TASK REQUIREMENTS: Only the lines below starting at the one containing "j i).1 x) n)))" and ending at the one containing "places) free (killing (suc i))" belong in the answer, each copied exactly.

[Stored items]
========
-- ===== src/Feed/Semaphore.antt =====
-- Who has the semaphore at the end of SP_HW10.
use sp_hw.Base.{
  ℕ, suc, ◌≡◌, ◌≢◌, refl, sym, ap, subst, ◌∙◌, Bool, true, false, inl, inr, none, Bytes, update,
  update_same, update_other, AllOutside, OthersOutside, update-OthersOutside, update-AllOutside,
  update_outside, true_not_false, ◌==◌, ==_iff, Bool-cases,
}
use sp_hw.Feed.{Rows}
use sp_hw.Feed.Closing.{
  Place, idle, wanting, holding, counted, killed, killed_inside, Producer, killing, printing,
  Closing, closing, kill, Next, pass_over, compare_row, grab, count, release, strike, take, post,
}

-- Whether a consumer has the semaphore, also as one that was killed with it.
abbrev pub is_inside : Place → Bool
is_inside holding = true
is_inside counted = true
is_inside killed_inside = true
is_inside _ = false

abbrev pub is_printing : Producer → Bool
is_printing printing = true
is_printing _ = false

-- The semaphore is free, one consumer has it, or the producer.
pub data Holds (places : ℕ → Place) (free : Bool) (p : Producer) : Type 0 where
  nobody : AllOutside is_inside places → free ≡ true → is_printing p ≡ false → Holds places free p
  one :
      (j : ℕ)
      → is_inside (places j) ≡ true
      → OthersOutside is_inside places j
      → free ≡ false
      → is_printing p ≡ false
      → Holds places free p
  printer : AllOutside is_inside places → free ≡ false → is_printing p ≡ true → Holds places free p

abbrev pub Inv : Closing → Type 0
Inv (closing places free p cnt) = Holds places free p

pub different :
    (places : ℕ → Place) (i j : ℕ)
    → is_inside (places i) ≡ true
    → is_inside (places j) ≡ false
    → j ≢ i
different places i j e o x = true_not_false e (ap (λ k. is_inside (places k)) (sym x) ∙ o)

-- A consumer outside takes a place outside.
stays_outside :
    {places : ℕ → Place} {free : Bool} {p : Producer} (j : ℕ) (c : Place)
    → is_inside (places j) ≡ false
    → is_inside c ≡ false
    → Holds places free p
    → Holds (update j c places) free p
stays_outside {places = places} j c o d (nobody h f q) =
    nobody (λ k. update_outside is_inside j c places d k (h k)) f q
stays_outside {places = places} j c o d (printer h f q) =
    printer (λ k. update_outside is_inside j c places d k (h k)) f q
stays_outside {places = places} j c o d (one i e h f q) =
    one i (ap is_inside (update_other j c places i (different places i j e o)) ∙ e)
      (λ k n. update_outside is_inside j c places d k (h k n)) f q

-- The consumer with the semaphore is the only one inside.
pub others_of :
    {places : ℕ → Place} {free : Bool} {p : Producer} (j : ℕ)
    → is_inside (places j) ≡ true
    → Holds places free p
    → OthersOutside is_inside places j × (free ≡ false) × (is_printing p ≡ false)
others_of j e (nobody h f q) = absurd (true_not_false e (h j))
others_of j e (printer h f q) = absurd (true_not_false e (h j))
others_of {places = places} j e (one i d h f q) = elim (Bool-cases (j == i)) [
  | inl y ↦ (subst (OthersOutside is_inside places) (sym ((==_iff j i).0 y)) h, f, q)
  | inr n ↦ absurd (true_not_false e (h j (λ x. true_not_false ((==_iff j i).1 x) n)))
]

-- It takes another place inside.
stays_inside :
    {places : ℕ → Place} {free : Bool} {p : Producer} (j : ℕ) (c : Place)
    → is_inside (places j) ≡ true
    → is_inside c ≡ true
    → Holds places free p
    → Holds (update j c places) free p
stays_inside {places = places} j c e d h =
    let o = others_of j e h in
    one j (ap is_inside (update_same j c places) ∙ d)
      (update-OthersOutside is_inside j c places (o.0)) (o.1) (o.2)

pub struck : (c : Place) → is_inside (kill c) ≡ is_inside c
unfolding kill
struck (idle pending) = refl
struck wanting = refl
struck holding = refl
struck counted = refl
struck killed = refl
struck killed_inside = refl

strike-Holds :
    (places : ℕ → Place) (free : Bool) (i : ℕ)
    → Holds places free (killing i)
    → Holds (update i (kill (places i)) places) free (killing (suc i))
strike-Holds places free i h = elim (Bool-cases (is_inside (places i))) [
  | inl e ↦ on_producer (stays_inside i (kill (places i)) e (struck (places i) ∙ e) h)
  | inr o ↦ on_producer (stays_outside i (kill (places i)) o (struck (places i) ∙ o) h)
]
  where
    on_producer :
        {others : ℕ → Place} → Holds others free (killing i) → Holds others free (killing (suc i))
    on_producer (nobody g f q) = nobody g f refl
    on_producer (one j e g f q) = one j e g f refl
    on_producer (printer g f q) = printer g f q

module _ {decimal : ℕ → Bytes} {buffer_row : ℕ} {rows : Rows} {consumer_amount : ℕ} where
  pub Next-Inv : {s t : Closing} → Next decimal buffer_row rows consumer_amount s t → Inv s → Inv t
  Next-Inv (pass_over j e x) h = stays_outside j (idle none) (ap is_inside e) refl h
  Next-Inv (compare_row j e x) h = stays_outside j wanting (ap is_inside e) refl h
  Next-Inv (grab {places = places} j e) (nobody g f q) =
      one j (ap is_inside (update_same j holding places))
        (update-OthersOutside is_inside j holding places (λ k n. g k)) refl q
  Next-Inv (grab j e) (one i d g f q) = absurd (cc f)
  Next-Inv (grab j e) (printer g f q) = absurd (cc f)
  Next-Inv (count j e) h = stays_inside j counted (ap is_inside e) refl h
  Next-Inv (release {places = places} j e) h =
      let o = others_of j (ap is_inside e) h in
      nobody (update-AllOutside is_inside j (idle none) places refl (o.0)) refl (o.2)
  Next-Inv (strike {places = places} {free = free} {i = i} l) h = strike-Holds places free i h
  Next-Inv (take e) (nobody g f q) = printer g refl refl
  Next-Inv (take e) (one j d g f q) = absurd (cc f)
  Next-Inv (take e) (printer g f q) = absurd (cc f)
  Next-Inv post (nobody g f q) = absurd (cc q)
  Next-Inv post (one j d g f q) = absurd (cc q)
  Next-Inv post (printer g f q) = nobody g refl refl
========
RESPONSE:
  | inr n ↦ absurd (true_not_false e (h j (λ x. true_not_false ((==_iff j i).1 x) n)))
]

-- It takes another place inside.
stays_inside :
    {places : ℕ → Place} {free : Bool} {p : Producer} (j : ℕ) (c : Place)
    → is_inside (places j) ≡ true
    → is_inside c ≡ true
    → Holds places free p
    → Holds (update j c places) free p
stays_inside {places = places} j c e d h =
    let o = others_of j e h in
    one j (ap is_inside (update_same j c places) ∙ d)
      (update-OthersOutside is_inside j c places (o.0)) (o.1) (o.2)

pub struck : (c : Place) → is_inside (kill c) ≡ is_inside c
unfolding kill
struck (idle pending) = refl
struck wanting = refl
struck holding = refl
struck counted = refl
struck killed = refl
struck killed_inside = refl

strike-Holds :
    (places : ℕ → Place) (free : Bool) (i : ℕ)
    → Holds places free (killing i)
    → Holds (update i (kill (places i)) places) free (killing (suc i))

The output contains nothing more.